How do I add a custom metric? (e.g. PSI?) In case the current metrics do not cover your needs, you can change the pipeline to include a custom metric. To do so, define your metric as a function to two histograms (see the existing comparissons for examples). Note that you might reuse part of other functions as they could be related (e.g. PSI to Gtest) Currently, the metrics needs to be added to the stats_functions parameter of the HistProfiler step in your pipeline. If you would like guidance to adding a custom metric to popmon, then creating an issue at the Github repository will help you out.

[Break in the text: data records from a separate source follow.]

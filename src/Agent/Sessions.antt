-- ===== src/Agent/Sessions.antt =====
-- The flag and the auto-stop of the daemon's captures, in internal/agent/daemon.go, and what an error of
-- a capture's goroutine leaves of them.
use mocking_box.Prelude.{
  ◌≡◌, refl, ℕ, suc, List, [], ◌∷◌, All, ◌+◌, ◌*◌, ◌≤◌, ◌<◌, Bool, true, false, Option, none, some,
  arith, Bool-cases, inl, inr, GoString, Option-cases, ◌≢◌, ◌⊎◌,
}
use mocking_box.Agent.Daemon.{
  Action, start, stop, upload, other, Command, Daemon, StartInputs, Step, command, timer_fires,
  goroutine_ends, Reachable, at_start, after, exec, start_capture, started, stop_capture,
  capture_ended, capped, minute, Later, unchanged, later,
}

-- No session after this one is cancelled, and this one is not.
abbrev Below : ℕ → List ℕ → Type 0
Below session = All (λ k. k < session)

abbrev IsTimedAt : Bool → Option ℕ → Option (ℕ × ℕ) → ℕ → List ℕ → Type 0
IsTimedAt true stop_at timer session cancelled =
    (t : ℕ) × ((stop_at ≡ some t) × ((timer ≡ some (session, t)) × Below session cancelled))
IsTimedAt false stop_at timer session cancelled =
    (stop_at ≡ none) × ((timer ≡ none) × Below (suc session) cancelled)

-- Where the flag `running` is set, there is a time to stop at, for which the newest session has its timer
-- armed, and neither it nor a later one is cancelled; where it is clear, there is neither.
abbrev pub IsTimed : Daemon → Type 0
IsTimed d = IsTimedAt (d.running) (d.stop_at) (d.timer) (d.session) (d.cancelled)

Below-suc : (n : ℕ) (ks : List ℕ) → Below n ks → Below (suc n) ks
Below-suc n [] h = tt
Below-suc n (k ∷ ks) (p, h) = (omega (arith, p), Below-suc n ks h)

IsTimed-Below : (d : Daemon) → IsTimed d → Below (suc (d.session)) (d.cancelled)
IsTimed-Below d h = elim (Bool-cases (d.running)) [
  | inl e ↦ let (t, (p, (q, b))) = rw e at h in Below-suc (d.session) (d.cancelled) b
  | inr e ↦ let (p, (q, b)) = rw e at h in b
]

stop_capture-IsTimed : (d : Daemon) → IsTimed d → IsTimed (stop_capture d)
unfolding stop_capture
stop_capture-IsTimed d h = elim (Bool-cases (d.running)) [
  | inl e ↦ rw e (refl, (refl, (omega arith, IsTimed-Below d h)))
  | inr e ↦ rw e (rw e at h)
]

start_capture-IsTimed :
    (cmd : Command) (inputs : StartInputs) (d : Daemon)
    → IsTimed d
    → IsTimed (start_capture cmd inputs d)
unfolding start_capture started
start_capture-IsTimed cmd inputs d h = elim (Bool-cases (d.running)) [
  | inl e ↦ rw e (rw e at h)
  | inr e ↦ elim (Option-cases (inputs.output_error)) [
    | inl f ↦
        rw (e, f)
          (inputs.now + capped (cmd.duration_min) * minute, (refl, (refl, IsTimed-Below d h)))
    | inr (m, f) ↦ rw (e, f) (rw e at h)
  ]
]

capture_ended-IsTimed : (e : Option GoString) (d : Daemon) → IsTimed d → IsTimed (capture_ended e d)
unfolding capture_ended
capture_ended-IsTimed none d h = h
capture_ended-IsTimed (some e) d h = (refl, (refl, IsTimed-Below d h))

true-ne_false : (b : Bool) → b ≡ true → b ≡ false → ⊥
true-ne_false b e f = cc

Action-cases : (a : Action) → (a ≡ start) ⊎ ((a ≡ stop) ⊎ ((a ≡ upload) ⊎ (a ≡ other)))
Action-cases start = inl refl
Action-cases stop = inr (inl refl)
Action-cases upload = inr (inr (inl refl))
Action-cases other = inr (inr (inr refl))

exec-IsTimed :
    (cmd : Command) (inputs : StartInputs) (d : Daemon) → IsTimed d → IsTimed (exec cmd inputs d)
unfolding exec
exec-IsTimed cmd inputs d h = elim (Action-cases (cmd.action)) [
  | inl e ↦ rw e (start_capture-IsTimed cmd inputs d h)
  | inr (inl e) ↦ rw e (stop_capture-IsTimed d h)
  | inr (inr (inl e)) ↦ rw e h
  | inr (inr (inr e)) ↦ rw e h
]

Step-IsTimed : {d d' : Daemon} → Step d d' → IsTimed d → IsTimed d'
Step-IsTimed (command cmd inputs d) h = exec-IsTimed cmd inputs d h
Step-IsTimed (timer_fires d) h = stop_capture-IsTimed d h
Step-IsTimed (goroutine_ends e d) h = capture_ended-IsTimed e d h

pub Reachable-IsTimed : {d : Daemon} → Reachable d → IsTimed d
Reachable-IsTimed at_start = (refl, (refl, tt))
Reachable-IsTimed (after r s) = Step-IsTimed s (Reachable-IsTimed r)

-- A session that is not cancelled, and that no stop can reach any more.
abbrev IsLost : ℕ → Daemon → Type 0
IsLost k d =
    All (λ c. c ≢ k) (d.cancelled) × ((k ≤ d.session) × ((d.running ≡ false) ⊎ (k < d.session)))

stop_capture-IsLost : (k : ℕ) (d : Daemon) → IsLost k d → IsLost k (stop_capture d)
unfolding stop_capture
stop_capture-IsLost k d (a, (b, c)) = elim (Bool-cases (d.running)) [
  | inr e ↦ rw e (a, (b, inl refl))
  | inl e ↦ elim c [
    | inl f ↦ absurd (true-ne_false (d.running) e f)
    | inr p ↦ rw e (((λ q. ground (arith, p, q)), a), (b, inr p))
  ]
]

start_capture-IsLost :
    (cmd : Command) (inputs : StartInputs) (d : Daemon) (k : ℕ)
    → IsLost k d
    → IsLost k (start_capture cmd inputs d)
unfolding start_capture started
start_capture-IsLost cmd inputs d k (a, (b, c)) = elim (Bool-cases (d.running)) [
  | inl e ↦ rw e (a, (b, rw e at c))
  | inr e ↦ elim (Option-cases (inputs.output_error)) [
    | inl f ↦ rw (e, f) (a, (omega (arith, b), inr (omega (arith, b))))
    | inr (m, f) ↦ rw (e, f) (a, (b, inl refl))
  ]
]

exec-IsLost :
    (cmd : Command) (inputs : StartInputs) (d : Daemon) (k : ℕ)
    → IsLost k d
    → IsLost k (exec cmd inputs d)
unfolding exec
exec-IsLost cmd inputs d k h = elim (Action-cases (cmd.action)) [
  | inl e ↦ rw e (start_capture-IsLost cmd inputs d k h)
  | inr (inl e) ↦ rw e (stop_capture-IsLost k d h)
  | inr (inr (inl e)) ↦ rw e h
  | inr (inr (inr e)) ↦ rw e h
]

capture_ended-IsLost :
    (e : Option GoString) (d : Daemon) (k : ℕ) → IsLost k d → IsLost k (capture_ended e d)
unfolding capture_ended
capture_ended-IsLost none d k h = h
capture_ended-IsLost (some e) d k (a, (b, c)) = (a, (b, inl refl))

Step-IsLost : {d d' : Daemon} (k : ℕ) → Step d d' → IsLost k d → IsLost k d'
Step-IsLost k (command cmd inputs d) h = exec-IsLost cmd inputs d k h
Step-IsLost k (timer_fires d) h = stop_capture-IsLost k d h
Step-IsLost k (goroutine_ends e d) h = capture_ended-IsLost e d k h

Later-IsLost : {d d' : Daemon} (k : ℕ) → Later d d' → IsLost k d → IsLost k d'
Later-IsLost k unchanged h = h
Later-IsLost k (later l s) h = Step-IsLost k s (Later-IsLost k l h)

Below-ne : (n : ℕ) (ks : List ℕ) → Below n ks → All (λ c. c ≢ n) ks
Below-ne n [] h = tt
Below-ne n (k ∷ ks) (p, h) = ((λ q. ground (arith, p, q)), Below-ne n ks h)

-- In a reachable state with the flag `running` set, an error that ends the goroutine of any session,
-- an earlier one included, clears the flag and disarms the timer, and then the newest session is never
-- cancelled, whatever commands, timers and ends of captures follow.
pub capture_ended-lost :
    {d d' : Daemon} (e : GoString)
    → Reachable d
    → d.running ≡ true
    → Later (capture_ended (some e) d) d'
    → ((capture_ended (some e) d).running ≡ false)
      × (((capture_ended (some e) d).timer ≡ none) × All (λ c. c ≢ d.session) (d'.cancelled))
unfolding capture_ended
capture_ended-lost {d} e r run l =
    let (t, (p, (q, b))) = rw run at (Reachable-IsTimed r) in
    let (a, _) =
      Later-IsLost (d.session) l (Below-ne (d.session) (d.cancelled) b, (omega arith, inl refl)) in
    (refl, (refl, a))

How do I customize reports? The reports generated by popmon are fully customizable. It depends on which aspects which concrete steps you should take and how much effort if would be. The pipeline controls metrics that are computed, the comparisons, and the sections that are generated and their order. Have a look at the existing implementations to get started. If you would like to change the appearance of the report, then you can overwrite the matplotlib styling or HTML templates. For help, please reach out on the #popmon channel or create an issue on the Github page.

With what tools can popmon integrate? popmon works out-of-the-box with pandas and (py)spark, and can integrate easily beyond that. As long as the input is either a dataset or precomputed histograms, then popmon can generate the profiles, comparissons and (dynamic) alerts and output that as either HTML report or give the datastore right back. The HTML report can be integrated, as Amundsen does in DAP. The datastore can be written into a database or filesystem and used to integrate with other applications (e.g. Great Expectations, Grafana)

How can I contribute to the GitHub package? If you already have a specific feature in mind, feel free to send in a Pull Request to the Github repository. In case you would like to discuss upfront, then creating an issue at the Github repository will be the best next step. If you're looking for inspiration, we have a backlog with items, ranging from beginner to advanced and varying in skillset (statistics, data engineering, performance optimization, vizualisation, etc.). You can reach us via the #popmon channel on Slack with question.